> [Goal of the exercise]: Report each line of the data below in which "others" appears.

> [Saved data entries]:
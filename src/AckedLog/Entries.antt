-- ===== src/AckedLog/Entries.antt =====
-- What `get` of src/server/acked_log.rs reads after the other operations.
use rasputin.Prelude.{
  ℕ, ◌≤◌, ◌≡◌, refl, ◌∙◌, [], ◌∷◌, none, some, arith, eqb, if◌then◌else◌, nat_key,
}
use rasputin.BTreeMap.{BTreeMap, get-insert}
use rasputin.BTreeMap
use mathlib.Core.Option
use rasputin.AckedLog.{
  LogEntry, Acked, InMemoryLog, PeerId, get, push_pending, append_ack, push_ack, learn_entry,
  take_quorum, ack_up_to,
}
use rasputin.AckedLog.Bounds.{Within, IsValid, Within-append_ack}

module _ {ℓ} {T : Type ℓ} where
  -- Below its first key a pending map has no entry.
  pub get-Within :
      (lo hi q : ℕ) (m : BTreeMap ℕ (Acked (LogEntry T)))
      → Within lo hi m
      → q ≤ lo
      → BTreeMap.get q m ≡ none
  unfolding BTreeMap.get
  get-Within lo hi q [] w h = refl
  get-Within lo hi q ((j, ent) ∷ m) w h = ground (arith, get-Within j hi q m w.2)

  -- After an append, get reads the new entry at its txid and what it read before at any other.
  pub get-push_pending :
      (log : InMemoryLog T) (term txid : ℕ) (entry : T) (q : ℕ)
      → get (push_pending log term txid entry) q ≡ (if eqb txid q then some entry else get log q)
  unfolding get push_pending
  get-push_pending log term txid entry q = ground (
    arith,
    get-insert q txid
        (record {
          acks = [];
          inner = record {
            txid = txid;
            term = term;
            last_txid = log.last_accepted_txid;
            last_term = log.last_accepted_term;
            entry = entry;
          };
        })
        log.pending,
  )

  entries-append_ack :
      (peer : PeerId) (q : ℕ) (m : BTreeMap ℕ (Acked (LogEntry T)))
      → Option.map (λ al. al.inner.entry) (BTreeMap.get q (append_ack peer m))
        ≡ Option.map (λ al. al.inner.entry) (BTreeMap.get q m)
  unfolding append_ack push_ack BTreeMap.get
  entries-append_ack peer q [] = refl
  entries-append_ack peer q ((j, ent) ∷ m) = ground (arith, entries-append_ack peer q m)

  get-take_quorum :
      (m : BTreeMap ℕ (Acked (LogEntry T))) (log : InMemoryLog T) (lo hi q : ℕ)
      → Within lo hi m
      → get (take_quorum m log).0 q ≡ get (record log { pending = m }) q
  unfolding take_quorum get learn_entry BTreeMap.get
  get-take_quorum [] log lo hi q w = refl
  get-take_quorum ((j, ent) ∷ m) log lo hi q w = ground (
    arith,
    get-take_quorum m (learn_entry log j ent.inner) j hi q w.2,
    get-Within j hi q m w.2,
    get-insert q j ent.inner log.committed,
  )

  get-acked :
      (log : InMemoryLog T) (peer : PeerId) (q : ℕ)
      → get (record log { pending = append_ack peer log.pending }) q ≡ get log q
  unfolding get
  get-acked log peer q = rw (entries-append_ack peer q log.pending)

  -- On a valid log ack_up_to changes no entry that get reads: what it learns can still be read,
  -- and so can the rest.
  pub get-ack_up_to :
      (log : InMemoryLog T) (txid : ℕ) (peer : PeerId) (q : ℕ)
      → IsValid log
      → get (ack_up_to log txid peer).0 q ≡ get log q
  unfolding ack_up_to
  get-ack_up_to log txid peer q v =
      get-take_quorum (append_ack peer log.pending) log log.last_learned_txid log.last_accepted_txid
        q (Within-append_ack peer _ _ _ v)
      ∙ get-acked log peer q
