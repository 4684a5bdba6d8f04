-- ===== src/AckedLog/Quorum.antt =====
-- Which entries `ack_up_to` of src/server/acked_log.rs learns.
use rasputin.Prelude.{
  ℕ, ◌+◌, ◌≤◌, ◌<◌, ◌≡◌, refl, Bool, false, List, [], ◌∷◌, map, arith, leb, length, length-append,
  contains, if◌then◌else◌, nat_key, string_key,
}
use rasputin.BTreeMap.{BTreeMap}
use rasputin.AckedLog.{
  LogEntry, Acked, InMemoryLog, PeerId, append_ack, push_ack, learn_entry, take_quorum, ack_up_to,
}
use rasputin.AckedLog.Bounds.{IsValid, take_quorum-IsValid}

module _ {ℓ} {T : Type ℓ} where
  -- An entry has reached its quorum.
  abbrev pub has_quorum : InMemoryLog T → ℕ × Acked (LogEntry T) → Bool
  has_quorum log (txid, ent) = leb log.quorum (length ent.acks)

  abbrev pub version_of : ℕ × Acked (LogEntry T) → ℕ × ℕ
  version_of (txid, ent) = (ent.inner.term, ent.inner.txid)

module _ {ℓ} {A : Type ℓ} (p : A → Bool) where
  -- The longest front part of a list whose elements all pass.
  unfoldable pub take_while : List A → List A
  take_while [] = []
  take_while (x ∷ xs) = if p x then x ∷ take_while xs else []

  unfoldable pub drop_while : List A → List A
  drop_while [] = []
  drop_while (x ∷ xs) = if p x then drop_while xs else x ∷ xs

module _ {ℓ} {T : Type ℓ} where
  take_quorum-take_while :
      (m : BTreeMap ℕ (Acked (LogEntry T))) (log base : InMemoryLog T)
      → log.quorum ≡ base.quorum
      → ((take_quorum m log).1 ≡ map version_of (take_while (has_quorum base) m))
        × ((take_quorum m log).0.pending ≡ drop_while (has_quorum base) m)
  unfolding take_quorum learn_entry take_while drop_while
  take_quorum-take_while [] log base h = (refl, refl)
  take_quorum-take_while ((j, ent) ∷ m) log base h =
      ground (arith, take_quorum-take_while m (learn_entry log j ent.inner) base)

  -- ack_up_to learns the longest front part of the pending entries that have their quorum, with
  -- the new ack counted, in order, and leaves the others pending.
  pub ack_up_to-take_while :
      (log : InMemoryLog T) (txid : ℕ) (peer : PeerId)
      → let m = append_ack peer log.pending in
        ((ack_up_to log txid peer).1 ≡ map version_of (take_while (has_quorum log) m))
        × ((ack_up_to log txid peer).0.pending ≡ drop_while (has_quorum log) m)
  unfolding ack_up_to
  ack_up_to-take_while log txid peer =
      take_quorum-take_while (append_ack peer log.pending) log log refl

  -- On a valid log the first pending entry is learned by the ack of a new peer that would
  -- complete its quorum also where the ack names a txid below the entry.
  pub ack_up_to_early :
      (log : InMemoryLog T) (txid j : ℕ) (peer : PeerId) (ent : Acked (LogEntry T))
      (rest : BTreeMap ℕ (Acked (LogEntry T)))
      → IsValid log
      → log.pending ≡ (j, ent) ∷ rest
      → txid < j
      → contains ent.acks peer ≡ false
      → length ent.acks + 1 ≡ log.quorum
      → (more : List (ℕ × ℕ)) × ((ack_up_to log txid peer).1 ≡ (ent.inner.term, j) ∷ more)
        × (j ≤ (ack_up_to log txid peer).0.last_learned_txid)
  unfolding ack_up_to append_ack push_ack take_quorum
  ack_up_to_early log txid j peer ent rest v e h c q = (
    (take_quorum rest (learn_entry log j ent.inner)).1,
    ground (arith, length-append ent.acks (peer ∷ [])),
    ground (
      arith,
      length-append ent.acks (peer ∷ []),
      take_quorum-IsValid rest (learn_entry log j ent.inner),
    ),
  )

  -- On a valid log one call of ack_up_to learns at most one entry if the second pending one lacks
  -- its quorum, also where the ack names a txid that covers both.
  pub length-ack_up_to :
      (log : InMemoryLog T) (txid j k : ℕ) (peer : PeerId) (ent next : Acked (LogEntry T))
      (rest : BTreeMap ℕ (Acked (LogEntry T)))
      → IsValid log
      → log.pending ≡ (j, ent) ∷ (k, next) ∷ rest
      → length next.acks < log.quorum
      → length (ack_up_to log txid peer).1 ≤ 1
  unfolding ack_up_to append_ack push_ack take_quorum learn_entry
  length-ack_up_to log txid j k peer ent next rest v e h = ground arith
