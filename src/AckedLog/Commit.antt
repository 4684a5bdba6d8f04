-- ===== src/AckedLog/Commit.antt =====
-- What a follower can read after `commit_up_to` of src/server/acked_log.rs, which commits every
-- entry that it takes under one key, its argument.
use rasputin.Prelude.{
  ℕ, ◌<◌, ◌≡◌, refl, ap, ◌∙◌, [], ◌∷◌, arith, map, ltb, leb, Bool-cases, inl, inr, nat_key,
}
use mathlib.Core.Option
use rasputin.BTreeMap.{BTreeMap, get-insert, get-insert_ne}
use rasputin.BTreeMap
use rasputin.AckedLog.{LogEntry, Acked, InMemoryLog, get, learn_entry, take_up_to, commit_up_to}
use rasputin.AckedLog.Bounds.{Within, IsValid}
use rasputin.AckedLog.Entries.{get-Within}
use rasputin.AckedLog.Quorum.{take_while, drop_while, version_of}

module _ {ℓ} {T : Type ℓ} where
  take_up_to_above :
      (t : ℕ) (m : BTreeMap ℕ (Acked (LogEntry T))) (log : InMemoryLog T) (q : ℕ)
      → t < q
      → get (take_up_to t m log).0 q ≡ get (record log { pending = m }) q
  unfolding take_up_to get learn_entry BTreeMap.get
  take_up_to_above t [] log q h = refl
  take_up_to_above t ((j, ent) ∷ m) log q h = ground (
    arith,
    take_up_to_above t m (learn_entry log t ent.inner) q h,
    get-insert q t ent.inner log.committed,
  )

  -- Above its argument commit_up_to changes no entry that get reads.
  get-commit_up_to_above :
      (log : InMemoryLog T) (txid q : ℕ) → txid < q → get (commit_up_to log txid).0 q ≡ get log q
  unfolding commit_up_to
  get-commit_up_to_above log txid q h = take_up_to_above txid log.pending log q h

  take_up_to_below :
      (t lo hi : ℕ) (m : BTreeMap ℕ (Acked (LogEntry T))) (log : InMemoryLog T) (q : ℕ)
      → Within lo hi m
      → q < t
      → get (take_up_to t m log).0 q ≡ Option.map (λ l. l.entry) (BTreeMap.get q log.committed)
  unfolding take_up_to get learn_entry BTreeMap.get
  take_up_to_below t lo hi [] log q w h = refl
  take_up_to_below t lo hi ((j, ent) ∷ m) log q w h = elim (Bool-cases (ltb t j)) [
    | inl stop ↦ rw (stop, get-Within j hi q m w.2 (ground arith)) (ground arith)
    | inr go ↦ rw go (
        take_up_to_below t j hi m (learn_entry log t ent.inner) q w.2 h
        ∙ ap (Option.map (λ l. l.entry)) (get-insert_ne q t ent.inner log.committed (omega arith)))
  ]

  -- On a valid log, below its argument commit_up_to leaves only what was committed before: the
  -- entries that it has just learned there can no longer be read.
  pub get-commit_up_to_below :
      (log : InMemoryLog T) (txid q : ℕ)
      → IsValid log
      → q < txid
      → get (commit_up_to log txid).0 q ≡ Option.map (λ l. l.entry) (BTreeMap.get q log.committed)
  unfolding commit_up_to
  get-commit_up_to_below log txid q v h = take_up_to_below txid _ _ log.pending log q v h

  take_up_to-take_while :
      (t : ℕ) (m : BTreeMap ℕ (Acked (LogEntry T))) (log : InMemoryLog T)
      → ((take_up_to t m log).1 ≡ map version_of (take_while (λ e. leb e.0 t) m))
        × ((take_up_to t m log).0.pending ≡ drop_while (λ e. leb e.0 t) m)
  unfolding take_up_to take_while drop_while
  take_up_to-take_while t [] log = (refl, refl)
  take_up_to-take_while t ((j, ent) ∷ m) log =
      ground (arith, take_up_to-take_while t m (learn_entry log t ent.inner))

  -- commit_up_to learns the pending entries up to its argument, in order, and leaves the others
  -- pending.
  pub commit_up_to-take_while :
      (log : InMemoryLog T) (txid : ℕ)
      → ((commit_up_to log txid).1 ≡ map version_of (take_while (λ e. leb e.0 txid) log.pending))
        × ((commit_up_to log txid).0.pending ≡ drop_while (λ e. leb e.0 txid) log.pending)
  unfolding commit_up_to
  commit_up_to-take_while log txid = take_up_to-take_while txid log.pending log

> [Task result]:
  -- the new ack counted, in order, and leaves the others pending.
  -- commit_up_to learns the pending entries up to its argument, in order, and leaves the others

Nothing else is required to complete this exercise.